Почувствовалось, что в театре у него что-то неладно.

За столом было молчаливо, даже скучновато и немного напряженно. Екатерина Федоровна начинала беспокоиться, почему не возвращается Ефим Григорьевич.

Юрский:

— А вы позвоните в Лавку писателя и увидите, что все в порядке.

Екатерина Федоровна ушла звонить и вернулась успокоенная.

— Я дозвонилась, он еще там. Просил передать вам привет и извинения, что вынужден задержаться.

— Ну, вот видите…

Перед чаем Юрский сел на диван, положил Дашу себе на живот, а потом вдруг встал и поднял ее над головой на вытянутых руках, полюбовался ею, аккуратно опустил, еще раз поднял, опустил, потом сел на диван и снова положил ее себе на живот. Так и сидели до чая.

Мамы щебетали в сторонке, а Юрский был молчалив, он явно ждал Эткинда.
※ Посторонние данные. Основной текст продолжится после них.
-- ===== src/Bridge/Run.antt =====
-- What core 0 pushes on the data ring reaches the stores of core 1 and the host, in order.
use mathlib.Core.List.{append-nil}
use mokya_lora.Prelude.{
  ℕ, ◌+◌, ◌<◌, ◌≡◌, sym, ap, ◌∙◌, subst, true, false, ◌||◌, Option, none, some, List, [], ◌∷◌, ◌++◌,
  take, take-append, drop, length, u32, arith, if◌then◌else◌,
}
use mokya_lora.Ipc.Ring.{Ring, Popped, pop, payload_max, ring_slot_count, log_ring_slot_count}
use mokya_lora.Ipc.Ring.Spec.{Packet, Queue, bytes_of, deliver, dequeue}
use mokya_lora.Ipc.Ring.Inv.{IsValid, pop-IsValid}
use mokya_lora.Ipc.Ring.Refine.{contents, pop_refines}
use mokya_lora.Bridge.{Outside, kind, store}
use mokya_lora.Bridge.Fields.{IsPacket, store-packet}
use mokya_lora.Bridge.Packets.{AllPackets, handle_all, serial_of, any_reboot, deliver-buffer}
use mokya_lora.Bridge.Loop.{Bridge, drop_log, from_host, received, round}
use mokya_lora.Bridge.Round.{Same, dispatch-Dispatched, from_host-Same, wire}

module _ (o : Outside) where
  open o use {World, mounted, sent, idle, sent-idle}

  -- What a round that takes these packets does, and what stays pending.
  pub record Rounded (ps left_over : Queue) (s s' : Bridge World) : Type 0 where
    pub valid : IsValid ring_slot_count s'.from_core0
    pub rest : contents ring_slot_count s'.from_core0 ≡ left_over
    pub kept : s'.kept ≡ handle_all s.kept ps
    pub total : s'.rx_total < u32
    pub pending : s'.reboot_pending ≡ (s.reboot_pending || any_reboot ps)
    pub stream :
        ((w : World) → (mounted w).0 ≡ true) → sent s'.outside ≡ sent s.outside ++ serial_of ps

  module _ (f g : ℕ) (s s' : Bridge World) (t : s.rx_total < u32) (r : Ring)
      (v : IsValid ring_slot_count r) where
    quiet-Rounded :
        (l : Ring) (b : List ℕ)
        → Same o (record s { from_core0 = r; log = l; scratch = b }) s'
        → contents ring_slot_count r ≡ []
        → Rounded [] [] s s'
    quiet-Rounded l b x empty = record {
      valid = subst (IsValid ring_slot_count) (sym x.ring) v;
      rest = ap (contents ring_slot_count) x.ring ∙ empty;
      kept = x.kept;
      total = omega (arith, x.total, t);
      pending = x.pending ∙ ground arith;
      stream = λ m. x.stream ∙ sym (append-nil (sent s.outside));
    }

    received-none :
        contents ring_slot_count r ≡ [] → received o f g s (none, r) ≡ some s' → Rounded [] [] s s'
    received-none empty e =
        let out = pop log_ring_slot_count s.log payload_max (some s.scratch) in logged out.0 out.1 e
      where
        logged :
            (x : Option Popped) (l : Ring)
            → from_host o g false (drop_log o (record s { from_core0 = r }) (x, l)) ≡ some s'
            → Rounded [] [] s s'
        logged none l k = quiet-Rounded l s.scratch (from_host-Same o g false _ s' k) empty
        logged (some p) l k =
            quiet-Rounded l (bytes_of p.buffer) (from_host-Same o g false _ s' k) empty

    received-some :
        (p : Packet) (q : Queue)
        → IsPacket p
        → contents ring_slot_count r ≡ q
        → received o f g s (some (deliver p payload_max (some s.scratch)), r) ≡ some s'
        → Rounded (p ∷ []) q s s'
    received-some p q w c e =
        let (stale, same) = deliver-buffer p s.scratch w in
        let x = dispatch-Dispatched o f g (kind p.header) p.header _ s' t e in
        record {
          valid = subst (IsValid ring_slot_count) (sym x.ring) v;
          rest = ap (contents ring_slot_count) x.ring ∙ c;
          kept =
              x.kept
              ∙ ap (λ b. store (kind p.header) p.header b s.kept) same
              ∙ store-packet p stale w s.kept;
          total = x.total;
          pending = x.pending ∙ ground arith;
          stream = λ m.
              x.stream
              ∙ ap (λ t. sent s.outside ++ t)
                  (sym (append-nil x.front)
                    ∙ ap (λ t. x.front ++ t) (sym (x.whole m))
                    ∙ x.splits
                    ∙ ap (wire (kind p.header)) (own stale same)
                    ∙ sym (append-nil (wire (kind p.header) p.bytes)));
        }
      where
        own :
            (stale : List ℕ)
            → bytes_of (deliver p payload_max (some s.scratch)).buffer ≡ p.bytes ++ stale
            → take p.header.payload_len (bytes_of (deliver p payload_max (some s.scratch)).buffer)
              ≡ p.bytes
        own stale same =
            ap (take p.header.payload_len) same
            ∙ ap (λ n. take n (p.bytes ++ stale)) {y = length p.bytes + 0} (omega (arith, w.whole))
            ∙ take-append p.bytes stale 0
            ∙ append-nil p.bytes

  received-Rounded :
      (f g : ℕ) (s s' : Bridge World) (c : Queue) (x : Option Popped) (r : Ring)
      → s.rx_total < u32
      → IsValid ring_slot_count r
      → AllPackets c
      → ◌≡◌ {A = Option Popped × Queue}
          (x, contents ring_slot_count r)
          (dequeue c payload_max (some s.scratch))
      → received o f g s (x, r) ≡ some s'
      → Rounded (take 1 c) (drop 1 c) s s'
  unfolding dequeue
  received-Rounded f g s s' [] x r t v all d e =
      received-none f g s s' t r v (ap (λ y. y.1) d)
        (ap (λ y. received o f g s (y, r)) (sym (ap (λ y. y.0) d)) ∙ e)
  received-Rounded f g s s' (p ∷ q) x r t v all d e =
      received-some f g s s' t r v p q all.0 (ap (λ y. y.1) d)
        (ap (λ y. received o f g s (y, r)) (sym (ap (λ y. y.0) d)) ∙ e)

  -- A round takes the oldest packet, if there is one, unless a reboot is pending.
  pub round-Rounded :
      (f g : ℕ) (s s' : Bridge World)
      → s.rx_total < u32
      → IsValid ring_slot_count s.from_core0
      → AllPackets (contents ring_slot_count s.from_core0)
      → s.reboot_pending ≡ false
      → round o f g s ≡ some s'
      → let c = contents ring_slot_count s.from_core0 in Rounded (take 1 c) (drop 1 c) s s'
  unfolding round
  round-Rounded f g s s' t v all up e =
      received-Rounded f g s s' (contents ring_slot_count s.from_core0)
        (pop ring_slot_count s.from_core0 payload_max (some s.scratch)).0
        (pop ring_slot_count s.from_core0 payload_max (some s.scratch)).1 t
        (pop-IsValid ring_slot_count payload_max (some s.scratch) v) all
        (pop_refines ring_slot_count payload_max (some s.scratch) v)
        (ap
            (λ b.
              if b
              then some (record s { outside = idle s.outside })
              else received o f g s (pop ring_slot_count s.from_core0 payload_max (some s.scratch)))
            (sym up)
          ∙ e)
Но того все не было.

Когда дошли до чая, включили телевизор, где шел многосерийный фильм по сценарию Н.Г.Долининой «Разные люди». Наталья Долинина была известным литературоведом, писателем, драматургом и близким другом семьи Эткиндов, всегда во всех ситуациях помогавшая им.

Юрский поглядывал на экран и время от времени серьезно комментировал:

— Эту я бы выдал замуж за того. А этого женил бы на этой.

— Вы все упрощаете, Сергей Юрьевич! — воскликнула Екатерина Федоровна.

— Нет, это вы усложняете, — был ответ.

После чая Юрские засобирались уезжать.

— Рано еще, — сказала Маша, — посидите, сейчас и папа придет.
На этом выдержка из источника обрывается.